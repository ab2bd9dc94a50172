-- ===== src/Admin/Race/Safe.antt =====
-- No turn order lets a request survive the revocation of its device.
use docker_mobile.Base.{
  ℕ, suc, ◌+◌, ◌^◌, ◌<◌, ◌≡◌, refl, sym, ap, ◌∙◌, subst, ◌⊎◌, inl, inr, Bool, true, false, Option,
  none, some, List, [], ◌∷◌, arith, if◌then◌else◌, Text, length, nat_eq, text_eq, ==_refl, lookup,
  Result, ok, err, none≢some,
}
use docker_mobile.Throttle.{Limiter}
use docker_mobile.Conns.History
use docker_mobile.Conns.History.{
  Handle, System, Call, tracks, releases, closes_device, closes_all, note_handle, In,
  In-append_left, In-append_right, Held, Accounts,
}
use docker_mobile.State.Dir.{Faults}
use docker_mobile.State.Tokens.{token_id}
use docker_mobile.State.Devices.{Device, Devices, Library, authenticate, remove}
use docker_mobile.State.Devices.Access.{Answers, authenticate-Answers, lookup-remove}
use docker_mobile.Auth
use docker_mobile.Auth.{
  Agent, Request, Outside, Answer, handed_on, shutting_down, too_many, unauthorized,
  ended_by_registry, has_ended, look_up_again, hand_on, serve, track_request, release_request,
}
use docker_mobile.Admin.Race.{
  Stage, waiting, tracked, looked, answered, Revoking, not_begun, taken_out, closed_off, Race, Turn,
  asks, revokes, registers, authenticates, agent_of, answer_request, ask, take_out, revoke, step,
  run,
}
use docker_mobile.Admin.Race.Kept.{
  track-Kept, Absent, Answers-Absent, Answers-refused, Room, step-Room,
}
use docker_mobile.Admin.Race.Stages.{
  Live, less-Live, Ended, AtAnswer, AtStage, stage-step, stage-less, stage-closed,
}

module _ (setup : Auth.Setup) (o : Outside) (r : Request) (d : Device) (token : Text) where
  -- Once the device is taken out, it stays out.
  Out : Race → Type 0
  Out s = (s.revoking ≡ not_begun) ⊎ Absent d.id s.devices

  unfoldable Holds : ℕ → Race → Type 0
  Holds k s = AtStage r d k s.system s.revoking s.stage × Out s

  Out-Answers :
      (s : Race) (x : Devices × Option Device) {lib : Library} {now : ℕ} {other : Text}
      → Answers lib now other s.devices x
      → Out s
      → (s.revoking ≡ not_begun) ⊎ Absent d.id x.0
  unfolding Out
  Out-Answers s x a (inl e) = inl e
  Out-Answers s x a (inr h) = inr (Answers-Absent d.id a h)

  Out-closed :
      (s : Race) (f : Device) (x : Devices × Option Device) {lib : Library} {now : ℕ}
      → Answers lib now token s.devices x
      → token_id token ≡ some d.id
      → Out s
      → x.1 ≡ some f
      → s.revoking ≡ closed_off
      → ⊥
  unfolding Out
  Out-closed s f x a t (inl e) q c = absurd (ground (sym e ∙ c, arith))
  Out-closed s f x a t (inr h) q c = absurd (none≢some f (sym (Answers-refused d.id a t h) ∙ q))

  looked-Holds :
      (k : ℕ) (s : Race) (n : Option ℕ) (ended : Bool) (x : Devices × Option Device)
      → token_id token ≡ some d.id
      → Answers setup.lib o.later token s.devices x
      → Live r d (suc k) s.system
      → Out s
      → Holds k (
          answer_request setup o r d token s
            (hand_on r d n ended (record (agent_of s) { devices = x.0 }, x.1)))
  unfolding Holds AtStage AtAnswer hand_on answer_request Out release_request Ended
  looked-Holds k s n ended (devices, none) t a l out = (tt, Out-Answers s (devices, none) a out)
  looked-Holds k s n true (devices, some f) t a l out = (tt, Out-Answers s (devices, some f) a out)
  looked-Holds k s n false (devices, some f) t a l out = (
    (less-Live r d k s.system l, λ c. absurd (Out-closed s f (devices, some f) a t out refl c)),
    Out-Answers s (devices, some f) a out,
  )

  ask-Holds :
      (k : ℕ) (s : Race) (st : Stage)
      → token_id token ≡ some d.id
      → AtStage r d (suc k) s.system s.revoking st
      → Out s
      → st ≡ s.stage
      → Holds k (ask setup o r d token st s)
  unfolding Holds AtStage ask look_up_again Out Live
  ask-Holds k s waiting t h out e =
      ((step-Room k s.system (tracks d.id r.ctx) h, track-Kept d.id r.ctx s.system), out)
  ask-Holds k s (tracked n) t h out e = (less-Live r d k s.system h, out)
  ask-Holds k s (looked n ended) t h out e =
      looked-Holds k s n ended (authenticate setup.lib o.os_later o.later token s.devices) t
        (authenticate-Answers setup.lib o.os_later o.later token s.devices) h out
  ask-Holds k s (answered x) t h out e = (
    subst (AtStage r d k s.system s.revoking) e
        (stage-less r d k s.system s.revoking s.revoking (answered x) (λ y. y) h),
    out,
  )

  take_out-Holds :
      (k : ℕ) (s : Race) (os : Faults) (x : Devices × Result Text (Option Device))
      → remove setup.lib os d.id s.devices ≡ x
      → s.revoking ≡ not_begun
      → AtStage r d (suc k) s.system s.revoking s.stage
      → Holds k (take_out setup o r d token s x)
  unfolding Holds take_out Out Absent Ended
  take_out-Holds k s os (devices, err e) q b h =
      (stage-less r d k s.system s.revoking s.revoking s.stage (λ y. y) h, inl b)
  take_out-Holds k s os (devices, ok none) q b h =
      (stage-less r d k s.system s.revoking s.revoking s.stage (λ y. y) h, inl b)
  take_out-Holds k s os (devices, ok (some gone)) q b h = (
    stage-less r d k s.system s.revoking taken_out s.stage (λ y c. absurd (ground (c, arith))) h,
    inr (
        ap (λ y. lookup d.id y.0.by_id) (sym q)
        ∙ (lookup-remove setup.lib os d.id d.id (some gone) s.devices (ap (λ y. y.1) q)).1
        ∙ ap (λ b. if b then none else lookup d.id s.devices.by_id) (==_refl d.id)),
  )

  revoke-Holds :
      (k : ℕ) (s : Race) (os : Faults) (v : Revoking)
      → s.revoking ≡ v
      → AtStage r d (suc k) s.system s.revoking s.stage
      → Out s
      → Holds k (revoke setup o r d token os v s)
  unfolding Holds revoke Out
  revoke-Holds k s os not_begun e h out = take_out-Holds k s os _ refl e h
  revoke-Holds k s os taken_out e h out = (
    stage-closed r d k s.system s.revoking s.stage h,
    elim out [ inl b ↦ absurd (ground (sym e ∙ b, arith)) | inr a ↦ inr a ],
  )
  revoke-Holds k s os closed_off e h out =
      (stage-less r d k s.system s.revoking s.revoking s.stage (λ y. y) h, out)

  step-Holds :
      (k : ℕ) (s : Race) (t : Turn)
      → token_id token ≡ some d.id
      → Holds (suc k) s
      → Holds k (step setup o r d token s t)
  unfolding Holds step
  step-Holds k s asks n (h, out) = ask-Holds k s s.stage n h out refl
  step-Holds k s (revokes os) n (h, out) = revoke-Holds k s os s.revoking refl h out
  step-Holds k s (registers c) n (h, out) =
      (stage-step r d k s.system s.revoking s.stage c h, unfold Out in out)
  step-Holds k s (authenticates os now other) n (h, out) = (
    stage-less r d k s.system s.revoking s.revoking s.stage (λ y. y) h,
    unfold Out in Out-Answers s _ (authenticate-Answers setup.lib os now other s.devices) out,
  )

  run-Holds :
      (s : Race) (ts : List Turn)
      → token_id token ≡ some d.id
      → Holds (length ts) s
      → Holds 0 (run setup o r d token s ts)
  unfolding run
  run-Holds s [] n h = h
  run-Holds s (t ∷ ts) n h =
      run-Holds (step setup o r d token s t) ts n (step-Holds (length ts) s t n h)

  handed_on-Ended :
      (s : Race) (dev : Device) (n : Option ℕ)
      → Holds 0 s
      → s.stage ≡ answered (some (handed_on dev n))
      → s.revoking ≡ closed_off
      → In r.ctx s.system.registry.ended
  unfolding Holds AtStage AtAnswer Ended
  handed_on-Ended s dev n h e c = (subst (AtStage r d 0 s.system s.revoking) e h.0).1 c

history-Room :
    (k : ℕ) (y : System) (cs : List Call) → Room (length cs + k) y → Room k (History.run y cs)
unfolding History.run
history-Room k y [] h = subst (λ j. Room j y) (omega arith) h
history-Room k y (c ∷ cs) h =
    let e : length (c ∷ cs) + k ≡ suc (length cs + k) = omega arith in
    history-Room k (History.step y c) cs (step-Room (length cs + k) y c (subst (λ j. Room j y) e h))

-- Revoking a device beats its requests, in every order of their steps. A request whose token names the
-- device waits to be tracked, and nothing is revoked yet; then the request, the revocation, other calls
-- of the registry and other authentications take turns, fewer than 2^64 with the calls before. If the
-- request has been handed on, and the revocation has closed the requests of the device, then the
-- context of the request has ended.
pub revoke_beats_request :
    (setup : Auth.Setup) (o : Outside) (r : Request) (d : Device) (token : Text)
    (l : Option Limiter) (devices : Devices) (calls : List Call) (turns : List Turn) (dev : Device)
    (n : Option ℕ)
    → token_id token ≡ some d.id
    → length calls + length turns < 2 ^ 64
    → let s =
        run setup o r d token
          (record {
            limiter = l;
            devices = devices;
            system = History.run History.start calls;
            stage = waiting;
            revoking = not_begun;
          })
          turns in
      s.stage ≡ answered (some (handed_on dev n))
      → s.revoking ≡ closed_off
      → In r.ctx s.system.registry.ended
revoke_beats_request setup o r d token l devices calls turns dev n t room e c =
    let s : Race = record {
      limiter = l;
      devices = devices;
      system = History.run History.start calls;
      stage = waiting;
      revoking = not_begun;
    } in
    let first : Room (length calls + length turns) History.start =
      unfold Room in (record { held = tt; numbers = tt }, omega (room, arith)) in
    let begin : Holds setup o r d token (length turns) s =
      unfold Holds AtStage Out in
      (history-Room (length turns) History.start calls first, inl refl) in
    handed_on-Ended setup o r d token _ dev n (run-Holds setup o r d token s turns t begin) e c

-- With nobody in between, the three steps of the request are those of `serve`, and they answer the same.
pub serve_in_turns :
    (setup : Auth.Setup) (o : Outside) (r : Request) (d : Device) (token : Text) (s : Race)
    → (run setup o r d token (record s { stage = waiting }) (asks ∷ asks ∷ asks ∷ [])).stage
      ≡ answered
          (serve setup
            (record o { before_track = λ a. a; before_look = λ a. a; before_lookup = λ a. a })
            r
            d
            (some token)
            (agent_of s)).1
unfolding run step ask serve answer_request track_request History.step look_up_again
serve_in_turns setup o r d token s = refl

...

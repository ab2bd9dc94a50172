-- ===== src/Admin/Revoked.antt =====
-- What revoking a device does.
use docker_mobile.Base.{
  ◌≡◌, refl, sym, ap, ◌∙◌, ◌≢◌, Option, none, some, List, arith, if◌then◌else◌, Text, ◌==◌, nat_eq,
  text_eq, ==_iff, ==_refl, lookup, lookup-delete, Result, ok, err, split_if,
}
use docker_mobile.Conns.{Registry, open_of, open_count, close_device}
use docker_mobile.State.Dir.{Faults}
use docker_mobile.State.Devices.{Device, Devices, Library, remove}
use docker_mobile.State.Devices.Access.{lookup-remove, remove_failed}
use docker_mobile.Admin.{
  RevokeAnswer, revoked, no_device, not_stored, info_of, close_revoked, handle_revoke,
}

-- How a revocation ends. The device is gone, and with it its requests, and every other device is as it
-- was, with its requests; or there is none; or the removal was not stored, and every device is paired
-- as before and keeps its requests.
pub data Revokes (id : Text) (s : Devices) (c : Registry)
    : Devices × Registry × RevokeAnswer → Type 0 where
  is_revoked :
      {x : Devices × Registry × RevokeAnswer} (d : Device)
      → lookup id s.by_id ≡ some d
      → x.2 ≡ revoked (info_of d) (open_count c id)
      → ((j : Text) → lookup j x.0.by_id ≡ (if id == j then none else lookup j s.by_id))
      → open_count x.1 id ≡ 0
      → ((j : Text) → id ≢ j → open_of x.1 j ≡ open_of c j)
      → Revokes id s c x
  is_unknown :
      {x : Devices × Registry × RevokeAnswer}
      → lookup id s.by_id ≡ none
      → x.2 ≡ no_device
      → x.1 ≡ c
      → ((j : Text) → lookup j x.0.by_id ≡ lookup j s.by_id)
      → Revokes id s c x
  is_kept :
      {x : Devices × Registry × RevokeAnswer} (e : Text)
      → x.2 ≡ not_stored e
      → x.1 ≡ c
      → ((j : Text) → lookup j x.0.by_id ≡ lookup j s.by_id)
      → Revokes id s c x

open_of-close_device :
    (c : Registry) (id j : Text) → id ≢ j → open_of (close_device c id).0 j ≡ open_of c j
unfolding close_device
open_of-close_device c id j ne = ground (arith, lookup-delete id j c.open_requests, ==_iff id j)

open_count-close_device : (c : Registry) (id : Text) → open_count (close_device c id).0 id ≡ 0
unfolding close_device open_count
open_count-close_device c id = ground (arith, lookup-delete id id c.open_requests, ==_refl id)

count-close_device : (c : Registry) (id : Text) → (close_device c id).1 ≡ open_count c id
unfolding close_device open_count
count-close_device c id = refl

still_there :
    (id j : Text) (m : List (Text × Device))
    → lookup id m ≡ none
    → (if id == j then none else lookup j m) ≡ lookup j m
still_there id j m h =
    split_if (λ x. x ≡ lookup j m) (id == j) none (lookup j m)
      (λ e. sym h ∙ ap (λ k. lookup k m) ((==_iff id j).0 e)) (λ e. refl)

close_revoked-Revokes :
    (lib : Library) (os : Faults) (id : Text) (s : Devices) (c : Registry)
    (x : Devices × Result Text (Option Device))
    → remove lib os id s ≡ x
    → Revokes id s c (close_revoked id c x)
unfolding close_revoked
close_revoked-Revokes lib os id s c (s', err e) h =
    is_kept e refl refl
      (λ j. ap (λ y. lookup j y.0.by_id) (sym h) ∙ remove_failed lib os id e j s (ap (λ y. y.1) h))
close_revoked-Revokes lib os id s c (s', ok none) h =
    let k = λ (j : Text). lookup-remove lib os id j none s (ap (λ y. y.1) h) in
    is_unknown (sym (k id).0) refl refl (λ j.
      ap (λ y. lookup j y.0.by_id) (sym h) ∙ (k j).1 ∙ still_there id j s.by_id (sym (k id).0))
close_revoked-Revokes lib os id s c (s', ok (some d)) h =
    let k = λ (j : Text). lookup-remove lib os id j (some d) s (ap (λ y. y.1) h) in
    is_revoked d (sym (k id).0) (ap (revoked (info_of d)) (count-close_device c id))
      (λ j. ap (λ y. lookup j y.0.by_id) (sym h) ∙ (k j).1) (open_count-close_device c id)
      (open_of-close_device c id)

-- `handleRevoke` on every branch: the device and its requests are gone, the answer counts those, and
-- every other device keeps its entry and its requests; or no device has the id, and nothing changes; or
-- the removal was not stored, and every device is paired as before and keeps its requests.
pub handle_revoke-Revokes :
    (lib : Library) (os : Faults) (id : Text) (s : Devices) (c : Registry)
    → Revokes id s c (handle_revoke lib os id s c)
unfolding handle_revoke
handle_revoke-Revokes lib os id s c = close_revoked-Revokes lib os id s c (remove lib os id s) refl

▶ [Problem details]
Reply with one number, the count of lines in the data that contain "Result".

▶ [Completed exercise]
4